Start of Input data
-- ===== src/AppRoutes.antt =====
-- backend/internal/approutes: App Routes, kept as one Caddyfile fragment each.
pub mod Fragment
pub mod Validate
pub mod Store
pub mod Normalize
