-- ===== src/Prelude/Lists.antt =====
-- Lists measured by native numbers, a quantifier by recursion, and the Boolean quantifiers.
use Prim.Native.Nat.{ℕ, zero, suc, ◌+◌}
use mathlib.Core.Path.{◌≡◌, refl}
use mathlib.Core.Bool.{Bool, true, false, ◌&&◌, ◌||◌}
use mathlib.Core.List.{List, [], ◌∷◌, ◌++◌}
use mathlib.Core.Option.{Option, none, some}
use native.Mathlib.Omega.{arith}

module _ {ℓ} {A : Type ℓ} where
  abbrev pub length : List A → ℕ
  length [] = 0
  length (x ∷ xs) = suc (length xs)

  abbrev pub is_empty : List A → Bool
  is_empty [] = true
  is_empty (x ∷ xs) = false

  abbrev pub take : ℕ → List A → List A
  take zero xs = []
  take (suc n) [] = []
  take (suc n) (x ∷ xs) = x ∷ take n xs

  abbrev pub drop : ℕ → List A → List A
  drop zero xs = xs
  drop (suc n) [] = []
  drop (suc n) (x ∷ xs) = drop n xs

  -- `xs[:len(xs)-1]` and `xs[len(xs)-1]`
  abbrev pub split_last : List A → Option (List A × A)
  split_last [] = none
  split_last (x ∷ xs) = elim (split_last xs) [ none ↦ some ([], x) | some (i, l) ↦ some (x ∷ i, l) ]

  abbrev pub any : (A → Bool) → List A → Bool
  any p [] = false
  any p (x ∷ xs) = p x || any p xs

  abbrev pub all : (A → Bool) → List A → Bool
  all p [] = true
  all p (x ∷ xs) = p x && all p xs

  -- what a loop with `if p(x) { continue }; kept = append(kept, x)` keeps
  abbrev pub reject : (A → Bool) → List A → List A
  reject p [] = []
  reject p (x ∷ xs) = elim (p x) [ true ↦ reject p xs | false ↦ x ∷ reject p xs ]

  pub length-append : (xs ys : List A) → length (xs ++ ys) ≡ length xs + length ys
  length-append [] ys = omega arith
  length-append (x ∷ xs) ys = omega (arith, length-append xs ys)

  pub split_last-append : (xs : List A) (y : A) → split_last (xs ++ y ∷ []) ≡ some (xs, y)
  split_last-append [] y = refl
  split_last-append (x ∷ xs) y = rw (split_last-append xs y)

-- A predicate by recursion computes to tuples.
abbrev pub All {ℓ κ} : {A : Type ℓ} → (A → Type κ) → List A → Type κ
All P [] = Unit
All P (x ∷ xs) = P x × All P xs

module _ {ℓ κ} {A : Type ℓ} (P : A → Type κ) where
  pub All-append : (xs ys : List A) → All P xs → All P ys → All P (xs ++ ys)
  All-append [] ys hx hy = hy
  All-append (x ∷ xs) ys hx hy = (hx.0, All-append xs ys hx.1 hy)

  pub All-left : (xs ys : List A) → All P (xs ++ ys) → All P xs
  All-left [] ys h = tt
  All-left (x ∷ xs) ys h = (h.0, All-left xs ys h.1)

  pub All-right : (xs ys : List A) → All P (xs ++ ys) → All P ys
  All-right [] ys h = h
  All-right (x ∷ xs) ys h = All-right xs ys h.1

  pub All-reject : (p : A → Bool) (xs : List A) → All P xs → All P (reject p xs)
  All-reject p [] h = tt
  All-reject p (x ∷ xs) h =
      (elim (p x) as (λ b. All P (elim b [ true ↦ reject p xs | false ↦ x ∷ reject p xs ])) [
        | true ↦ All-reject p xs h.1
        | false ↦ (h.0, All-reject p xs h.1)
      ])

pub split_last-eq-none {ℓ} : {A : Type ℓ} (xs : List A) → split_last xs ≡ none → xs ≡ []
split_last-eq-none [] h = refl
split_last-eq-none (x ∷ xs) h = ground arith

pub split_last-eq-some {ℓ} :
    {A : Type ℓ} (xs init : List A) (last : A)
    → split_last xs ≡ some (init, last)
    → xs ≡ init ++ last ∷ []
split_last-eq-some [] init last h = ground arith
split_last-eq-some {A} (x ∷ xs) init last h =
    split_cons (split_last xs) refl h (split_last-eq-some xs)
  where
    split_cons :
        (o : Option (List A × A))
        → split_last xs ≡ o
        → elim o as (λ _. Option (List A × A)) [
          | none ↦ some ([], x)
          | some (i, l) ↦ some (x ∷ i, l)
        ]
          ≡ some (init, last)
        → ((i : List A) (l : A) → split_last xs ≡ some (i, l) → xs ≡ i ++ l ∷ [])
        → x ∷ xs ≡ init ++ last ∷ []
    split_cons none e q ih = ground (arith, split_last-eq-none xs e)
    split_cons (some (i, l)) e q ih = ground (arith, ih i l)

module _ {ℓ} {A : Type ℓ} where
  pub all_mono :
      (p q : A → Bool) (xs : List A)
      → ((x : A) → p x ≡ true → q x ≡ true)
      → all p xs ≡ true
      → all q xs ≡ true
  all_mono p q [] f h = refl
  all_mono p q (x ∷ xs) f h = ground (arith, f x, all_mono p q xs f)

  pub all-append_split :
      (p : A → Bool) (xs ys : List A) → all p xs ≡ true → all p ys ≡ true → all p (xs ++ ys) ≡ true
  all-append_split p [] ys hx hy = hy
  all-append_split p (x ∷ xs) ys hx hy = ground (arith, all-append_split p xs ys)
End of Input data
Which lines of the records contain "Option"? Show each of them.

use mathlib.Core.Option.{Option, none, some}
  abbrev pub split_last : List A → Option (List A × A)
        (o : Option (List A × A))
        → elim o as (λ _. Option (List A × A)) [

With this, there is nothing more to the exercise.